N'oublions jamais cet étrange attraction des peuples pour leur inconscient social. Étrange parce que les peuples sont attirés, aspirés par cet inconscient en en ayant véritablement ni le désir, ni l'envie et sans même que cet inconscient s'exprimât jamais d'une semblable manière.
Tout compte fait, le véritable danger, de tout temps, fut et reste la passion des hommes, elle peut-être constructive et bâtisseuse en un éros fabuleux, flamboyant ou, quand elle s'est tournée vers le sombre regard des pulsions destructrices, peut devenir un thanatos grimassant.

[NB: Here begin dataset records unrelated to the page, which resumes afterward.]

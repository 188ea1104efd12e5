-- ===== src/AddressSpace/Ops.antt =====
-- The functions of address-space.c that set up regions and change address spaces.
use vart.Common.{
  ℕ, ◌*◌, ◌/◌, ◌%◌, Bool, true, false, not, ◌&&◌, ◌||◌, Option, none, some, List, [], ◌∷◌, ◌++◌,
  ltb, ◌==◌, if◌then◌else◌, is_null, ok, err, length, ℤ, eqb_ℤ, Errno, Result, Status, done, update,
  remove_first,
}
use vart.AddressSpace.Defs.{
  RegionType, MmioOps, Region, AddressSpace, World, u64_mod, u64_max, zero_region, zero_space,
  sub64, regions_overlap,
}

-- Equality of pointers.
abbrev pub same_pointer : Option ℕ → Option ℕ → Bool
same_pointer none none = true
same_pointer none (some j) = false
same_pointer (some i) none = false
same_pointer (some i) (some j) = i == j

-- Is there an equal-priority overlap of `region` with a region of the list?
unfoldable pub clashes : (ℕ → Region) → Region → List ℕ → Bool
clashes regions region [] = false
clashes regions region (q ∷ qs) =
    (eqb_ℤ region.priority (regions q).priority && regions_overlap region (regions q))
    || clashes regions region qs

-- The loop of `vart_address_space_destroy`.
unfoldable pub unlink_all : (ℕ → Region) → List ℕ → ℕ → Region
unlink_all regions [] = regions
unlink_all regions (r ∷ rs) =
    unlink_all (update regions r (record (regions r) { address_space = none })) rs

-- The array's next capacity, or the error of growing it; `allocated` says whether `realloc`
-- succeeds. A `size_t` and a pointer are 8 bytes.
unfoldable pub grow : ℕ → ℕ → Bool → ℕ → Result ℕ
grow count capacity allocated initial =
    if count == capacity
    then enlarge (if capacity == 0 then initial else capacity * 2 % u64_mod)
    else ok capacity
  where
    enlarge : ℕ → Result ℕ
    enlarge bigger =
        if ltb bigger capacity || ltb (u64_max / 8) bigger
        then err Errno.eoverflow
        else if allocated
        then ok bigger
        else err Errno.enomem

module _ {D : Type 0} where
  abbrev pub set_region : World D → ℕ → Region → World D
  set_region w r v = record w { region = update w.region r v }

  abbrev pub set_space : World D → ℕ → AddressSpace → World D
  set_space w s v = record w { space = update w.space s v }

  -- `vart_address_region_init`; the type is `none` if it is above `VART_REGION_ALIAS`.
  unfoldable pub region_init :
      World D → Option ℕ → Option RegionType → ℕ → ℕ → ℤ → Option ℕ → World D × Status
  region_init w none kind base size priority owner = (w, err Errno.einval)
  region_init w (some r) none base size priority owner = (w, err Errno.einval)
  region_init w (some r) (some kind) base size priority owner =
      if size == 0 || ltb (sub64 u64_max (sub64 size 1)) base then (w, err Errno.einval) else (
        set_region w r (record zero_region {
          base = base;
          size = size;
          priority = priority;
          kind = kind;
          enabled = true;
          owner = owner;
        }),
        done,
      )

  -- `vart_address_region_init_mmio`
  unfoldable pub region_init_mmio :
      World D → Option ℕ → ℕ → ℕ → ℤ → Option ℕ → Option MmioOps → ℕ → World D × Status
  region_init_mmio w region base size priority owner none opaque = (w, err Errno.einval)
  region_init_mmio w none base size priority owner (some ops) opaque = (w, err Errno.einval)
  region_init_mmio w (some r) base size priority owner (some ops) opaque =
      if is_null ops.read && is_null ops.write
      then (w, err Errno.einval)
      else let (v, ret) = region_init w (some r) (some RegionType.mmio) base size priority owner in
        elim ret [
          | err e ↦ (v, err e)
          | ok _ ↦ (
            set_region v r (record (v.region r) { mmio_ops = some ops; mmio_opaque = opaque }),
            done,
          )
        ]

  -- `vart_address_region_init_ram`
  unfoldable pub region_init_ram :
      World D → Option ℕ → ℕ → ℕ → ℤ → Option ℕ → Option ℕ → World D × Status
  region_init_ram w region base size priority owner none = (w, err Errno.einval)
  region_init_ram w none base size priority owner (some host) = (w, err Errno.einval)
  region_init_ram w (some r) base size priority owner (some host) =
      let (v, ret) = region_init w (some r) (some RegionType.ram) base size priority owner in
      elim ret [
        | err e ↦ (v, err e)
        | ok _ ↦ (set_region v r (record (v.region r) { ram_addr = some host }), done)
      ]

  -- `vart_address_region_set_enabled`
  unfoldable pub region_set_enabled : World D → Option ℕ → Bool → World D × Status
  region_set_enabled w none enabled = (w, err Errno.ebusy)
  region_set_enabled w (some r) enabled =
      if is_null (w.region r).address_space
      then (set_region w r (record (w.region r) { enabled = enabled }), done)
      else (w, err Errno.ebusy)

  -- `vart_address_space_init`
  unfoldable pub space_init : World D → ℕ → World D
  space_init w s = set_space w s zero_space

  -- `vart_address_space_destroy`
  unfoldable pub space_destroy : World D → ℕ → World D
  space_destroy w s = record w {
    region = unlink_all w.region (w.space s).regions;
    space = update w.space s zero_space;
  }

  -- `vart_address_space_set_translator`
  unfoldable pub set_translator : World D → Option ℕ → Option ℕ → Option ℕ → World D × Status
  set_translator w none translate opaque = (w, err Errno.einval)
  set_translator w (some s) translate opaque =
      if is_null translate && not (is_null opaque)
      then (w, err Errno.einval)
      else if not (length (w.space s).regions == 0) || not (is_null (w.space s).translate)
      then (w, err Errno.ebusy)
      else (
        set_space w s (record (w.space s) { translate = translate; translate_opaque = opaque }),
        done,
      )

  -- `vart_address_space_add`
  unfoldable pub add : World D → Option ℕ → Option ℕ → Bool → World D × Status
  add w none region allocated = (w, err Errno.einval)
  add w (some s) none allocated = (w, err Errno.einval)
  add w (some s) (some r) allocated =
      if not (is_null (w.region r).address_space)
      then (w, err Errno.ealready)
      else if clashes w.region (w.region r) (w.space s).regions
      then (w, err Errno.eexist)
      else elim (grow (length (w.space s).regions) (w.space s).capacity allocated 8) [
        | err e ↦ (w, err e)
        | ok capacity ↦ (
          record w {
            region = update w.region r (record (w.region r) { address_space = some s });
            space = update w.space s (record (w.space s) {
              regions = (w.space s).regions ++ r ∷ [];
              capacity = capacity;
            });
          },
          done,
        )
      ]

  -- `vart_address_space_remove`
  unfoldable pub remove : World D → Option ℕ → Option ℕ → World D × Status
  remove w none region = (w, err Errno.enoent)
  remove w (some s) none = (w, err Errno.enoent)
  remove w (some s) (some r) =
      if same_pointer (w.region r).address_space (some s)
      then elim (remove_first r (w.space s).regions) [
        | none ↦ (w, err Errno.enoent)
        | some rest ↦ (
          record w {
            region = update w.region r (record (w.region r) { address_space = none });
            space = update w.space s (record (w.space s) { regions = rest });
          },
          done,
        )
      ]
      else (w, err Errno.enoent)

  -- `vart_address_space_set_enabled`
  unfoldable pub set_enabled : World D → Option ℕ → Option ℕ → Bool → World D × Status
  set_enabled w none region enabled = (w, err Errno.enoent)
  set_enabled w (some s) none enabled = (w, err Errno.enoent)
  set_enabled w (some s) (some r) enabled =
      if same_pointer (w.region r).address_space (some s)
      then (set_region w r (record (w.region r) { enabled = enabled }), done)
      else (w, err Errno.enoent)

Il est, à mon sens, totalement inutile de considérer la perversité du néo-libéralisme ni même son effondrement, tout simplement parce que ce n'est que s'encombrer l'esprit d'évidence puisque cet évènement aura lieu, quelque soit la façon que cela se fera. En revanche il est d'une extraordinaire urgence de songer l'instant de cet effondrement et de sa suite dans le court terme, de s'y préparer, non pas en individualiste, avatar désuet et morbide du marchéisme, ni en un réflexe purement collectif, réaction primitive et dangereuse qui ne viendrait qu'en réaction de la tentative d'effacement de la notion même de peuple mais dans une action dont le socle serait l'individualité, c'est-à-dire la compréhension conscience de sa propre existence et de celle de l'autre, de la conscience en son inconscient mise en corrélation avec l'existence propre et distinct de chaque autre être humain, de son respect, ainsi que de la compréhension et du respect de la vie en société (compréhension et respect voulant dire, aussi, souplesse et égratignement des dits respects de l'autre et la vie en société). Cela ne retire en rien la nécessité absolue que chacun d'entre nous, ainsi que les sociétés ont de se défendre.

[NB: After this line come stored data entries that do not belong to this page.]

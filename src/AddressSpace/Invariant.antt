-- ===== src/AddressSpace/Invariant.antt =====
-- The invariant of the address spaces, and that every operation keeps it: each mapped region has a
-- valid range and points back at its space, is mapped once, and shares no address with another of
-- its priority.
use vart.Common.{ℕ, ◌≡◌, ◌↔◌, false, some, List, [], ◌∷◌, ◌++◌, arith, All, In, All-append, Once}
use vart.AddressSpace.Defs.{Region, World}
use vart.AddressSpace.Ranges.{IsRegion, Covers, regions_overlap_iff}
use vart.AddressSpace.Ops.{clashes}

-- Two regions of one priority share no address.
abbrev pub Apart : Region → Region → Type 0
Apart a b = a.priority ≡ b.priority → (x : ℕ) → Covers a x → Covers b x → ⊥

abbrev pub AllApart : (ℕ → Region) → List ℕ → Type 0
AllApart regions [] = Unit {0}
AllApart regions (r ∷ rs) = All (λ q. Apart (regions r) (regions q)) rs × AllApart regions rs

pub record IsMapped (regions : ℕ → Region) (s : ℕ) (mapped : List ℕ) : Type 0 where
  pub valid : All (λ r. IsRegion (regions r)) mapped
  pub apart : AllApart regions mapped
  pub once : Once mapped
  pub linked : (r : ℕ) → In r mapped ↔ ((regions r).address_space ≡ some s)

-- The regions' ranges and priorities are as before.
abbrev pub SameShape : (ℕ → Region) → (ℕ → Region) → Type 0
SameShape old new =
    (r : ℕ)
    → ((new r).base ≡ (old r).base)
      × ((new r).size ≡ (old r).size)
      × ((new r).priority ≡ (old r).priority)

module _ (old new : ℕ → Region) (same : SameShape old new) where
  pub IsRegion-same :
      (rs : List ℕ) → All (λ r. IsRegion (old r)) rs → All (λ r. IsRegion (new r)) rs
  IsRegion-same [] v = tt
  IsRegion-same (r ∷ rs) v = (ground (arith, same r), IsRegion-same rs v.1)

  Apart-same : (a b : ℕ) → Apart (old a) (old b) → Apart (new a) (new b)
  Apart-same a b h e x ca cb =
      h (ground (arith, same a, same b)) x (ground (arith, same a)) (ground (arith, same b))

  All-Apart-same :
      (a : ℕ) (rs : List ℕ)
      → All (λ q. Apart (old a) (old q)) rs
      → All (λ q. Apart (new a) (new q)) rs
  All-Apart-same a [] h = tt
  All-Apart-same a (r ∷ rs) h = (Apart-same a r h.0, All-Apart-same a rs h.1)

  pub AllApart-same : (rs : List ℕ) → AllApart old rs → AllApart new rs
  AllApart-same [] h = tt
  AllApart-same (r ∷ rs) h = (All-Apart-same r rs h.0, AllApart-same rs h.1)

-- No clash means that the new region is apart from all that are mapped.
pub clashes-Apart :
    (regions : ℕ → Region) (r : Region) (qs : List ℕ)
    → IsRegion r
    → All (λ q. IsRegion (regions q)) qs
    → clashes regions r qs ≡ false
    → All (λ q. Apart (regions q) r) qs
unfolding clashes
clashes-Apart regions r [] v vs h = tt
clashes-Apart regions r (q ∷ qs) v vs h = (
  (λ e x cq cr. ground (arith, (regions_overlap_iff r (regions q) v vs.0).1 (x, cr, cq))),
  clashes-Apart regions r qs v vs.1 (ground arith),
)

pub AllApart-append :
    (regions : ℕ → Region) (qs : List ℕ) (r : ℕ)
    → AllApart regions qs
    → All (λ q. Apart (regions q) (regions r)) qs
    → AllApart regions (qs ++ r ∷ [])
AllApart-append regions [] r a h = (tt, tt)
AllApart-append regions (q ∷ qs) r a h = (
  All-append (λ p. Apart (regions q) (regions p)) qs (r ∷ []) a.0 (h.0, tt),
  AllApart-append regions qs r a.1 h.1,
)

-- The regions that `vart_address_space_add` finds linked are those that are mapped.
pub record IsWell {D : Type 0} (w : World D) : Type 0 where
  pub mapped : (s : ℕ) → IsMapped w.region s (w.space s).regions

Des questions telles que qu'est-ce que la démocratie, qu'est-ce que notre modernité, qu'est-ce que la propriété, à qui appartient véritablement une usine, une liasse de billets, un sol, le ciel, une molécule, une idée, une oeuvre, un homme, une femme, un enfant, un chien, une touffe de cheveux, quel taux de perméabilité pour les frontières, quel est le minimum de savoir que doit avoir acquis chaque enfant, quelle est la place du citoyen dans la société, la place du religieux, la place du bandit, du gendarme, du politique, la place du savant, de l'ignorant, du différent, du géni et du crétin,...,etc,...? Toutes ces questions et une myriade d'autres, tant d'autres, ne doivent plus être dans l'obscurité de notre peur du savoir et du comprendre, de son rejet, mais jaillir, rejaillir au grand jour en une force irrésistible.
Parce que, en fin de compte, le néo-libéraliste, l'individualisme sont, pour l'essentiel, que pures pensées obscurantistes, que purs obscurantismes d'où ego et narcissisme, ces deux frères jumeaux, puisent leurs puissances.
C'est la raison pour laquelle j'appelle à une nouvelle renaissance!